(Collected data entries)

════════

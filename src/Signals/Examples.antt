-- ===== src/Signals/Examples.antt =====
-- Examples for the signal workers (src/app/domains/copy_trading/workers.py).
use signalsync_be.Base.{ℕ, ◌≡◌, ◌↔◌, refl, none, some, List, [], ◌∷◌, map, IsIn}
use signalsync_be.Base.Text.{codes}
use signalsync_be.Engine.{full_close}
use signalsync_be.Signals.{CopiedTrade, management_intent_targets}
use signalsync_be.Signals.Chosen.{IsByAge, management_intent_targets-exact}
use signalsync_be.Signals.Meant.{IsTarget}
use signalsync_be.Signals.Lifecycle.{
  RouteAssemblyState, assembling, executing, RouteSignalAssembly, in_progress, SignalTables,
  expire_signal_threads,
}
use signalsync_be.Signals.Expired.{expire_signal_threads-settled}
use signalsync_be.Signals.Overdue.{IsExpired, IsEnded}

abbrev trade : ℕ → ℕ → ℕ → CopiedTrade
trade id route_id created_at = record {
  id = id;
  route_id = route_id;
  thread_id = id;
  signal_symbol = codes "XAUUSD.m";
  created_at = created_at;
}

abbrev trades : List CopiedTrade
trades = trade 1 5 30 ∷ trade 2 6 10 ∷ trade 3 5 20 ∷ []

management_intent_targets-exact_example :
    (targets : List CopiedTrade) × (management_intent_targets full_close trades 5 1
        (some (codes "gold"))
      ≡ map (λ t. some t) targets)
    × IsByAge targets
    × ((t : CopiedTrade)
        → IsIn t targets ↔ (IsIn t trades × IsTarget full_close 5 1 (some (codes "gold")) t))
management_intent_targets-exact_example =
    management_intent_targets-exact full_close trades 5 1 (some (codes "gold")) refl

abbrev assembly : RouteAssemblyState → ℕ → RouteSignalAssembly
assembly state conversation_id = record {
  conversation_id = conversation_id;
  route_id = 5;
  state = state;
  message_references = 70 ∷ [];
  opening_intent_id = none;
  terminal_reason = none;
  assembly_deadline = 100;
  accepted_at = none;
  completed_at = none;
}

-- Conversation 2 goes on, since one of its assemblies is executing.
abbrev tables : SignalTables
tables = record {
  assemblies = assembly assembling 1 ∷ assembly assembling 2 ∷ assembly executing 2 ∷ [];
  conversations =
      record { id = 1; source_id = 9; state = in_progress; legacy_state = none }
      ∷ record { id = 2; source_id = 9; state = in_progress; legacy_state = some in_progress }
      ∷ [];
}

expire_signal_threads-settled_example :
    let after = (expire_signal_threads 150 tables).1 in
    IsExpired 150 tables.assemblies after.assemblies
    × IsEnded 150 tables.assemblies after.assemblies tables.conversations after.conversations
    × (expire_signal_threads 150 after ≡ (0, after))
expire_signal_threads-settled_example = expire_signal_threads-settled 150 tables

════════

Each record is to be repeated exactly.

> **Result of this task**:
filename src/Signals/Examples.antt
-- ===== src/Signals/Examples.antt =====
-- Examples for the signal workers (src/app/domains/copy_trading/workers.py).
use signalsync_be.Base.{ℕ, ◌≡◌, ◌↔◌, refl, none, some, List, [], ◌∷◌, map, IsIn}
use signalsync_be.Base.Text.{codes}
use signalsync_be.Engine.{full_close}
use signalsync_be.Signals.{CopiedTrade, management_intent_targets}
use signalsync_be.Signals.Chosen.{IsByAge, management_intent_targets-exact}
use signalsync_be.Signals.Meant.{IsTarget}
use signalsync_be.Signals.Lifecycle.{
  RouteAssemblyState, assembling, executing, RouteSignalAssembly, in_progress, SignalTables,
  expire_signal_threads,
}
use signalsync_be.Signals.Expired.{expire_signal_threads-settled}
use signalsync_be.Signals.Overdue.{IsExpired, IsEnded}

abbrev trade : ℕ → ℕ → ℕ → CopiedTrade
trade id route_id created_at = record {
  id = id;
  route_id = route_id;
  thread_id = id;
  signal_symbol = codes "XAUUSD.m";
  created_at = created_at;
}

abbrev trades : List CopiedTrade
trades = trade 1 5 30 ∷ trade 2 6 10 ∷ trade 3 5 20 ∷ []

management_intent_targets-exact_example :
    (targets : List CopiedTrade) × (management_intent_targets full_close trades 5 1
        (some (codes "gold"))
      ≡ map (λ t. some t) targets)
    × IsByAge targets
    × ((t : CopiedTrade)
        → IsIn t targets ↔ (IsIn t trades × IsTarget full_close 5 1 (some (codes "gold")) t))
management_intent_targets-exact_example =
    management_intent_targets-exact full_close trades 5 1 (some (codes "gold")) refl

abbrev assembly : RouteAssemblyState → ℕ → RouteSignalAssembly
assembly state conversation_id = record {
  conversation_id = conversation_id;
  route_id = 5;
  state = state;
  message_references = 70 ∷ [];
  opening_intent_id = none;
  terminal_reason = none;
  assembly_deadline = 100;
  accepted_at = none;
  completed_at = none;
}

-- Conversation 2 goes on, since one of its assemblies is executing.
abbrev tables : SignalTables
tables = record {
  assemblies = assembly assembling 1 ∷ assembly assembling 2 ∷ assembly executing 2 ∷ [];
  conversations =
      record { id = 1; source_id = 9; state = in_progress; legacy_state = none }
      ∷ record { id = 2; source_id = 9; state = in_progress; legacy_state = some in_progress }
      ∷ [];
}

expire_signal_threads-settled_example :
    let after = (expire_signal_threads 150 tables).1 in
    IsExpired 150 tables.assemblies after.assemblies
    × IsEnded 150 tables.assemblies after.assemblies tables.conversations after.conversations
    × (expire_signal_threads 150 after ≡ (0, after))
expire_signal_threads-settled_example = expire_signal_threads-settled 150 tables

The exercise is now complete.